Outside, COVID-19 measures had begun to relax and things had begun drifting slowly toward normal. Then a few days ago the US exploded with protests against police violence in response to the murder of a man named George Floyd by a policeman in Minnesota. All over the country the authorities have responded with a police riot. Peaceful protestors, the press, and bystanders are being brutalised and arrested all over the country. Black Lives Matter marches are starting up here too; my employer has notified us we don’t need to use up holiday allocation to march. I’ve made some donations to bail funds and encouraged others to do the same.

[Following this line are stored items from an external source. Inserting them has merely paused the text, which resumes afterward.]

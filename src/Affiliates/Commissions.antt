-- ===== src/Affiliates/Commissions.antt =====
-- The commission on a paid invoice: `create_commission_from_paid_invoice` of
-- src/app/domains/affiliates/service.py.
use signalsync_be.Base.{
  ℕ, ◌+◌, ◌*◌, ◌/◌, not, Option, none, some, List, ◌∷◌, leb, is_some, if◌then◌else◌,
}
use signalsync_be.Base.Int.{pos, pos_part, leb_ℤ}
use signalsync_be.Base.Python.{Outcome, returned, ◌>>=◌}
use signalsync_be.Base.Text.{Text, codes, upper}
use signalsync_be.Billing.{BillingSubscription, BillingError, subscription_by_provider_id}
use signalsync_be.Billing.Payload.{
  Value, text, EventData, Library, truthy, ◌or_else◌, str, str_or_none,
}
use signalsync_be.Affiliates.{
  AffiliateSetting, AffiliateProfile, ReferralAttribution, AffiliateCommission, AffiliateTables,
  pending, is_active, money, get_or_create_settings, with_settings, effective_rate, profile_of,
  attribution_of, commission_by_invoice, count_qualifying_commissions,
}

abbrev pub seconds_per_day : ℕ
seconds_per_day = 86400

-- `_subscription_id`
unfoldable pub subscription_id : Library → EventData → Option Text
unfolding str_or_none ◌or_else◌
subscription_id library event = str_or_none library (
    event.subscription_id or_else event.nested_subscription_id
    or_else event.nested_subscription_own_id)

-- `_payment_id`
unfoldable pub payment_id : Library → EventData → Option Text
unfolding str_or_none ◌or_else◌
payment_id library event = str_or_none library (
    event.payment_id or_else event.charge_id or_else event.nested_payment_id
    or_else event.nested_payment_own_id)

-- What a call returns with the tables it leaves.
abbrev pub Answer : Type 0
Answer = Outcome BillingError (Option AffiliateCommission × AffiliateTables)

-- `if found is None: return none`, else go on with what was found.
abbrev pub on_some {ℓ} : {A : Type ℓ} → Option A → AffiliateTables → (A → Answer) → Answer
on_some none tables next = returned (none, tables)
on_some (some a) tables next = next a

-- `(base * rate / 100).quantize(0.01, ROUND_HALF_UP)`, in cents
unfoldable pub commission_on : ℕ → ℕ → ℕ
commission_on base rate = (base * rate + 5000) / 10000

unfoldable pub currency_of : Library → EventData → BillingSubscription → Text
unfolding str ◌or_else◌
currency_of library event subscription =
    upper
      (str library (event.currency or_else text subscription.currency or_else text (codes "USD")))

unfoldable pub new_commission :
    Library
    → ℕ
    → EventData
    → Text
    → Text
    → BillingSubscription
    → ReferralAttribution
    → AffiliateProfile
    → AffiliateSetting
    → ℕ
    → AffiliateCommission
unfolding payment_id subscription_id currency_of effective_rate commission_on
new_commission library now event invoice provider_id subscription attribution profile config base =
    record {
      affiliate_user_id = attribution.affiliate_user_id;
      referred_user_id = subscription.user_id;
      provider_invoice_id = invoice;
      provider_payment_id = payment_id library event;
      provider_subscription_id = provider_id;
      currency = currency_of library event subscription;
      commission_base = base;
      commission_rate = effective_rate profile config;
      commission_amount = commission_on base (effective_rate profile config);
      reversed_amount = 0;
      status = pending;
      release_at = now + config.commission_hold_days * seconds_per_day;
      reversed_at = none;
      reversal_reason = none;
    }

abbrev pub amount_of : EventData → Value
unfolding ◌or_else◌
amount_of event =
    event.amount_collected or_else event.amount_paid or_else event.total_paid or_else event.amount

-- The part after the checks of the affiliate: the settings are made where there are none.
unfoldable pub commission_for :
    Library
    → ℕ
    → EventData
    → Text
    → Text
    → BillingSubscription
    → ReferralAttribution
    → AffiliateProfile
    → AffiliateTables
    → Answer
unfolding new_commission count_qualifying_commissions money get_or_create_settings
commission_for library now event invoice provider_id subscription attribution profile tables =
    let config = get_or_create_settings tables.settings in
    let counted = count_qualifying_commissions subscription.user_id tables.commissions in
    if leb config.recurring_months counted
    then returned (none, with_settings tables)
    else money library (amount_of event) >>= λ base.
        if leb_ℤ base (pos 0)
        then returned (none, with_settings tables)
        else let item =
            new_commission library now event invoice provider_id subscription attribution profile
              config (pos_part base) in
          returned
            (some item, record (with_settings tables) { commissions = item ∷ tables.commissions })

abbrev pub invoice_value : EventData → Value
unfolding ◌or_else◌
invoice_value event = event.invoice_id or_else event.id

unfoldable pub create_commission_from_paid_invoice :
    Library → ℕ → EventData → List BillingSubscription → AffiliateTables → Answer
unfolding truthy str subscription_id commission_for
create_commission_from_paid_invoice library now event subscriptions tables =
    let invoice = str library (invoice_value event) in
    if not (truthy (invoice_value event))
    then returned (none, tables)
    else on_some (subscription_id library event) tables λ provider_id.
      if is_some (commission_by_invoice invoice tables.commissions)
      then returned (none, tables)
      else on_some (subscription_by_provider_id provider_id subscriptions) tables λ subscription.
        on_some (attribution_of subscription.user_id tables.attributions) tables λ attribution.
          on_some (profile_of attribution.affiliate_user_id tables.profiles) tables λ profile.
            if is_active profile.status
            then commission_for library now event invoice provider_id subscription attribution
                profile tables
            else returned (none, tables)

George Floyd Protester Relief Resources

2020-05-31

I’ve been struggling to keep track of links to the relief funds established for Black Lives Matter activists across the USA who’ve been arrested, injured, or killed by the police. I’m throwing them up here, with sources linked at the end, to keep track of them for myself and for others who are struggling to pull them out of Twitter. For now, I’ve donated to the Brooklyn Bail Fund.

There’s now an even easier way to donate to a wider range of organisations fighting for this cause. Just make one larger donation on this page and it will be split automatically. Click here.

USNS Comfort

2020-03-30

The eight o' clock cheer

The hospital ship the USNS Comfort docked in New York Harbour a few hours ago. From the news images it looks like something from the Second World War: a long, narrow, white thing covered in lifeboats and bearing the red cross. Presumably it’s painted like that to stop enemy bombers from firing at it in wartime. Everybody keeps comparing this to wartime.

I’m filling my time with exercise, reading, and work — and to some extent it’s working. I’m taking pleasure in the small things. I don’t have it the worst out of anyone. Lots of people, thought they’d never say it, would like to come out of this with a great body, all those books that they’ve been meaning to get to finished, having perfected a new skill. I’ve bought a bike.